• **EXERCISE DIRECTIONS**
Every line of the records below from the line with "-- ===== src/Pass.antt" up to and including the line with "-- class PassPlan" must be reproduced exactly, and no line outside that range.
(AVAILABLE RECORDS begins)
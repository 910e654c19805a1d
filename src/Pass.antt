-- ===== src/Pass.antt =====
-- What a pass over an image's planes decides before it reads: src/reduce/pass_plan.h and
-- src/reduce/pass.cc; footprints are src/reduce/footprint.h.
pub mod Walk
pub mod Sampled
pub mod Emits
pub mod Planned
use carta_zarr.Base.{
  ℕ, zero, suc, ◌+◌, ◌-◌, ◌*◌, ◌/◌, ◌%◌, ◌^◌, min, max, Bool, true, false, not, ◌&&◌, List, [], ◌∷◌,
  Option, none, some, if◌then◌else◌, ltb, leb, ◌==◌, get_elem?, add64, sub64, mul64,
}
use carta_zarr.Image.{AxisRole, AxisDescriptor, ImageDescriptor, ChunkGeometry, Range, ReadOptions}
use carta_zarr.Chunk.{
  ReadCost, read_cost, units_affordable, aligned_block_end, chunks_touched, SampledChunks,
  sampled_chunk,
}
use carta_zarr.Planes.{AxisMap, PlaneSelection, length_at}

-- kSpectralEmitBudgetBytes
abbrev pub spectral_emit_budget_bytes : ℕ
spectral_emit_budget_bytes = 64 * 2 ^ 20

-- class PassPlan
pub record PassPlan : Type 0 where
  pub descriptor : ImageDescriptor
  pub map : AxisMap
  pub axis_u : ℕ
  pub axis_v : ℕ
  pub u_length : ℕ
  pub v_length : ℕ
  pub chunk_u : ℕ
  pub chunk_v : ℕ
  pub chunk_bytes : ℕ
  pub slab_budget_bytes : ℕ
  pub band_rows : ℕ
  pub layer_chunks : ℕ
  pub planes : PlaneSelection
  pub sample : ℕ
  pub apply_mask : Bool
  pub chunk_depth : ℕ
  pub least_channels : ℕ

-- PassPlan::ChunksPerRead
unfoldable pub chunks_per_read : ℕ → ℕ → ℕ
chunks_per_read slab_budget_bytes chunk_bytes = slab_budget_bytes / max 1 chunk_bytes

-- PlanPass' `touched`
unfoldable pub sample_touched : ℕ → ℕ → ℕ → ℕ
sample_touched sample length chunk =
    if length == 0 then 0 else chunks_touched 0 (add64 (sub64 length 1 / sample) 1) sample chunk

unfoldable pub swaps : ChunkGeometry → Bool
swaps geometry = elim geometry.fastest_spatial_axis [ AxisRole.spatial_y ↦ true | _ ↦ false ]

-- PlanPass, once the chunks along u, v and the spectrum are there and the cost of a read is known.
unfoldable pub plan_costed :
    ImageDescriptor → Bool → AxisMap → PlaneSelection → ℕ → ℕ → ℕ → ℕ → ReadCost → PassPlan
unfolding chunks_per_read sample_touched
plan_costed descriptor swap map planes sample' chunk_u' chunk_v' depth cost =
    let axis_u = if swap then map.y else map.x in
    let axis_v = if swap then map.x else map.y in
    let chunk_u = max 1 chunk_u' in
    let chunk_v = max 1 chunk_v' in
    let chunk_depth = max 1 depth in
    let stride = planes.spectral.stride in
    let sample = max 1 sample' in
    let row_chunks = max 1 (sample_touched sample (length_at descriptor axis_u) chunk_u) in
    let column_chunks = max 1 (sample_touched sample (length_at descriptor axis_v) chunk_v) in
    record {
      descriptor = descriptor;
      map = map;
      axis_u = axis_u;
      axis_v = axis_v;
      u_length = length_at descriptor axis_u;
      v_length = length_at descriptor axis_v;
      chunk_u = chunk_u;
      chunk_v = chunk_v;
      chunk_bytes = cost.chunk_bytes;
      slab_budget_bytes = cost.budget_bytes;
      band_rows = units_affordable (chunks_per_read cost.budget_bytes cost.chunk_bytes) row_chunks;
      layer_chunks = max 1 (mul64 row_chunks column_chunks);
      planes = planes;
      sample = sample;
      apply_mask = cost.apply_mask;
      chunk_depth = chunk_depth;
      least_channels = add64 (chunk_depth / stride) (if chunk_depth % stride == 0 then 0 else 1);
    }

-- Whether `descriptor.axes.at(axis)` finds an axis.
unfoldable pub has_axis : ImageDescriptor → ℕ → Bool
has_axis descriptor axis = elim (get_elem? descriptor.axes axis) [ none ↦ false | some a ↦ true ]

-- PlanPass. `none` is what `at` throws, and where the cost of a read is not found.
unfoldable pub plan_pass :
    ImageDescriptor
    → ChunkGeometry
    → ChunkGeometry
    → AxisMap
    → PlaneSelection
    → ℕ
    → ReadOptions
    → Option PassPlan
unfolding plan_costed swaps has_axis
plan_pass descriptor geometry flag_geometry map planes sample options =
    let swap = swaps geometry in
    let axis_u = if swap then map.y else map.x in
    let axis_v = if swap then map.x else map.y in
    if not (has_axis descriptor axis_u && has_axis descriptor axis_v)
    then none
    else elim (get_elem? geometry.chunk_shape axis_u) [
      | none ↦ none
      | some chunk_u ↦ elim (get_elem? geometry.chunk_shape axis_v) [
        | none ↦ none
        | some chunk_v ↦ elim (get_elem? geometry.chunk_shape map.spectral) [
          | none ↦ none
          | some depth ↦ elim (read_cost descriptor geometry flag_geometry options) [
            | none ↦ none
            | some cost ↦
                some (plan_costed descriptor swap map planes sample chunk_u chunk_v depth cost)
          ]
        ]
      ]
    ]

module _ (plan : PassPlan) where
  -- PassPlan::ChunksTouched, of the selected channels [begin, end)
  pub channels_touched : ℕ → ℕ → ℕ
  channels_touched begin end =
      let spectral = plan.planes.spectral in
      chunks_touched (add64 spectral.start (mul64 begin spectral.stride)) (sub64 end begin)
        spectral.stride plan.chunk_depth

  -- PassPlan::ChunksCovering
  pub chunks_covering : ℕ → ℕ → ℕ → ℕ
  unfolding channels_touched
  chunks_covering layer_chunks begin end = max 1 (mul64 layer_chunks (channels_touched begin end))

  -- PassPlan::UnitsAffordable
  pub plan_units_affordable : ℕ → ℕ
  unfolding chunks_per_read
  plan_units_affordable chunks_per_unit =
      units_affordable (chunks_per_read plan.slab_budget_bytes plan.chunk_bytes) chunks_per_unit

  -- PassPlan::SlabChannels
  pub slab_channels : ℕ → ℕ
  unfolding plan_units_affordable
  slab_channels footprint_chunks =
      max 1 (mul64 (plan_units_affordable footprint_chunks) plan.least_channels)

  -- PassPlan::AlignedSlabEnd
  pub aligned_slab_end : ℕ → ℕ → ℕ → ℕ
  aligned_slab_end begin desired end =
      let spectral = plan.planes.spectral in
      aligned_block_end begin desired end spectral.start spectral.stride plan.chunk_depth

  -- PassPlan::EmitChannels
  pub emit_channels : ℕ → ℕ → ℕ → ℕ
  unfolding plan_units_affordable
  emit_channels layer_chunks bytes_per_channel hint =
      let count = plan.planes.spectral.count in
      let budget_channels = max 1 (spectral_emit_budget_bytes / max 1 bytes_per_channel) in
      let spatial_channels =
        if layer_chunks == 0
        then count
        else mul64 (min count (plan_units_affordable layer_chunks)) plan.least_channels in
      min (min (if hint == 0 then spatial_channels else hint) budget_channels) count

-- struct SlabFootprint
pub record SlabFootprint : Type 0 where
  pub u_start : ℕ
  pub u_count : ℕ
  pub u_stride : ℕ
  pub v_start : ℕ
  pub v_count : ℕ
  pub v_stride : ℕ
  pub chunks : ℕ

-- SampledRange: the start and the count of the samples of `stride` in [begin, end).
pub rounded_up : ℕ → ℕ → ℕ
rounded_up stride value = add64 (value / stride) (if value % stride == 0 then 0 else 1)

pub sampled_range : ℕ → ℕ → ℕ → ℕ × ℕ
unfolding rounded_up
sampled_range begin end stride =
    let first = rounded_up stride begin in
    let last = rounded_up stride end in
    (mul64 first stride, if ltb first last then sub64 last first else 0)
(AVAILABLE RECORDS ends)
(AVAILABLE RECORDS begins)
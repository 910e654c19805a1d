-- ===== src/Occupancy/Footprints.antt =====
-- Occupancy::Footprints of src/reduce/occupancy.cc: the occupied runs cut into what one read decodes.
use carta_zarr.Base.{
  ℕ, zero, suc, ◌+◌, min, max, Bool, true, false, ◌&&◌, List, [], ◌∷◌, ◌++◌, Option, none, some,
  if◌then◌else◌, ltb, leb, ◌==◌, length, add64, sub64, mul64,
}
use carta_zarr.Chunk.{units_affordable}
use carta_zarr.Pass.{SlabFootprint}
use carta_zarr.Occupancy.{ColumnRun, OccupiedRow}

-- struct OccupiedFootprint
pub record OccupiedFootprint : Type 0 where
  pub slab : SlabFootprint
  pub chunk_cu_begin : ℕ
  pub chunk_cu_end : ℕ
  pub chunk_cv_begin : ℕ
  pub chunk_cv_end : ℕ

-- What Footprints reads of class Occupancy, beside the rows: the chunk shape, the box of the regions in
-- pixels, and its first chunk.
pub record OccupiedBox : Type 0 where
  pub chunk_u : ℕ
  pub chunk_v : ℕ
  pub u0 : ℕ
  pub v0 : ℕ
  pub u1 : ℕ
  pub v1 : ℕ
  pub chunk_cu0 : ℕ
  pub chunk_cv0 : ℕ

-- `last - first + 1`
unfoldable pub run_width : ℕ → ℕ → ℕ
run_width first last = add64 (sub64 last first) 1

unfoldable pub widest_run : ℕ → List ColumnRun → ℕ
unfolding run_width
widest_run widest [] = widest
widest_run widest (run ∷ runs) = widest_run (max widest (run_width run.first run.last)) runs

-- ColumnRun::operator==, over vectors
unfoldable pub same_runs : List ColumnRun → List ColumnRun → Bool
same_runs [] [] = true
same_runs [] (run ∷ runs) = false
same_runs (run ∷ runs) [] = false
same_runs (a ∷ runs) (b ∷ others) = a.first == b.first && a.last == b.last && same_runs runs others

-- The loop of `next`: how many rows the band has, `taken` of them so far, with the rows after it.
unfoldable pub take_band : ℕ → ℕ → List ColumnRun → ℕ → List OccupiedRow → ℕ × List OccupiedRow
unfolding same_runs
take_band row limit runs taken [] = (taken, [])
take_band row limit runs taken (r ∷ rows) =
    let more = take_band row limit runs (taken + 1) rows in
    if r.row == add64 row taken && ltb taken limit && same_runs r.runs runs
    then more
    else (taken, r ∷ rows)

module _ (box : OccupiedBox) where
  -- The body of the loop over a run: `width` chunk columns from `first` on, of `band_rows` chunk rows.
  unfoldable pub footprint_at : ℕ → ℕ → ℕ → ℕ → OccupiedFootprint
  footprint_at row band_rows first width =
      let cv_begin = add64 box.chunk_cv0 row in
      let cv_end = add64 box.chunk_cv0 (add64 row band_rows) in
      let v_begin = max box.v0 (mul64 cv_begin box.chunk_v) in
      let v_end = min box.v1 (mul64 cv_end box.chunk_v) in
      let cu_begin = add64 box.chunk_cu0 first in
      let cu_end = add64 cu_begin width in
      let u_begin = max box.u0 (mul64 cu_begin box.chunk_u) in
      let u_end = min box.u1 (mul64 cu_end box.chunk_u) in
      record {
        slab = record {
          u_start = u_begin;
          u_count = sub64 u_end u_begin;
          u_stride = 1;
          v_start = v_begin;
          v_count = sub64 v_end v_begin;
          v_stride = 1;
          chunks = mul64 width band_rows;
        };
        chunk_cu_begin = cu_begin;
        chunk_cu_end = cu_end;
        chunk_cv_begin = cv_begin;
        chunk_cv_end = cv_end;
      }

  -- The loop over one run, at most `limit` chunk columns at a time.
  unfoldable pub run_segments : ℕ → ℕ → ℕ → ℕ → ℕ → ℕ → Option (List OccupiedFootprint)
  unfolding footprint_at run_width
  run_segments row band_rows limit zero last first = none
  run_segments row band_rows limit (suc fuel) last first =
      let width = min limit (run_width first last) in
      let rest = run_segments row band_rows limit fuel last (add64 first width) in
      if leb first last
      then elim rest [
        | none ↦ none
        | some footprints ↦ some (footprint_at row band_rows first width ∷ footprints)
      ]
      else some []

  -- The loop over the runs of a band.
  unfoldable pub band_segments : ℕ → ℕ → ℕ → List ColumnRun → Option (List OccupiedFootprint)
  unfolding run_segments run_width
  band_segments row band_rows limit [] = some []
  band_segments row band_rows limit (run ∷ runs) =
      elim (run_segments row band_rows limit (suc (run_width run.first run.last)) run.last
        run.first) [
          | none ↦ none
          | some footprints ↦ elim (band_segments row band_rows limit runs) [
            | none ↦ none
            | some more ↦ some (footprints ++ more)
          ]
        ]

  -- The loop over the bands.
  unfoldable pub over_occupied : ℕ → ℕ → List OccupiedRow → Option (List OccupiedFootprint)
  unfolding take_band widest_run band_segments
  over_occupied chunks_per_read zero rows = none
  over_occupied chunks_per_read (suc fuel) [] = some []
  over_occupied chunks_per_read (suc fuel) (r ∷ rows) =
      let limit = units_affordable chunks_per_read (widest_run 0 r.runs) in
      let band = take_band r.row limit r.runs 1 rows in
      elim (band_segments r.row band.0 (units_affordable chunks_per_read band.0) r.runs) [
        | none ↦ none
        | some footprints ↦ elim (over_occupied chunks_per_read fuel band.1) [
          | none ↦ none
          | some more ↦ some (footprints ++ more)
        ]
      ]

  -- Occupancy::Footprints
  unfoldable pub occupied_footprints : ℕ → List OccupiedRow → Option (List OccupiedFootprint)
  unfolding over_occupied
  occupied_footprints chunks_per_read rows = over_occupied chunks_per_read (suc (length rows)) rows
(AVAILABLE RECORDS ends)
• **WRITTEN RESPONSE**
-- ===== src/Pass.antt =====
-- What a pass over an image's planes decides before it reads: src/reduce/pass_plan.h and
-- src/reduce/pass.cc; footprints are src/reduce/footprint.h.
pub mod Walk
pub mod Sampled
pub mod Emits
pub mod Planned
use carta_zarr.Base.{
  ℕ, zero, suc, ◌+◌, ◌-◌, ◌*◌, ◌/◌, ◌%◌, ◌^◌, min, max, Bool, true, false, not, ◌&&◌, List, [], ◌∷◌,
  Option, none, some, if◌then◌else◌, ltb, leb, ◌==◌, get_elem?, add64, sub64, mul64,
}
use carta_zarr.Image.{AxisRole, AxisDescriptor, ImageDescriptor, ChunkGeometry, Range, ReadOptions}
use carta_zarr.Chunk.{
  ReadCost, read_cost, units_affordable, aligned_block_end, chunks_touched, SampledChunks,
  sampled_chunk,
}
use carta_zarr.Planes.{AxisMap, PlaneSelection, length_at}

-- kSpectralEmitBudgetBytes
abbrev pub spectral_emit_budget_bytes : ℕ
spectral_emit_budget_bytes = 64 * 2 ^ 20

-- class PassPlan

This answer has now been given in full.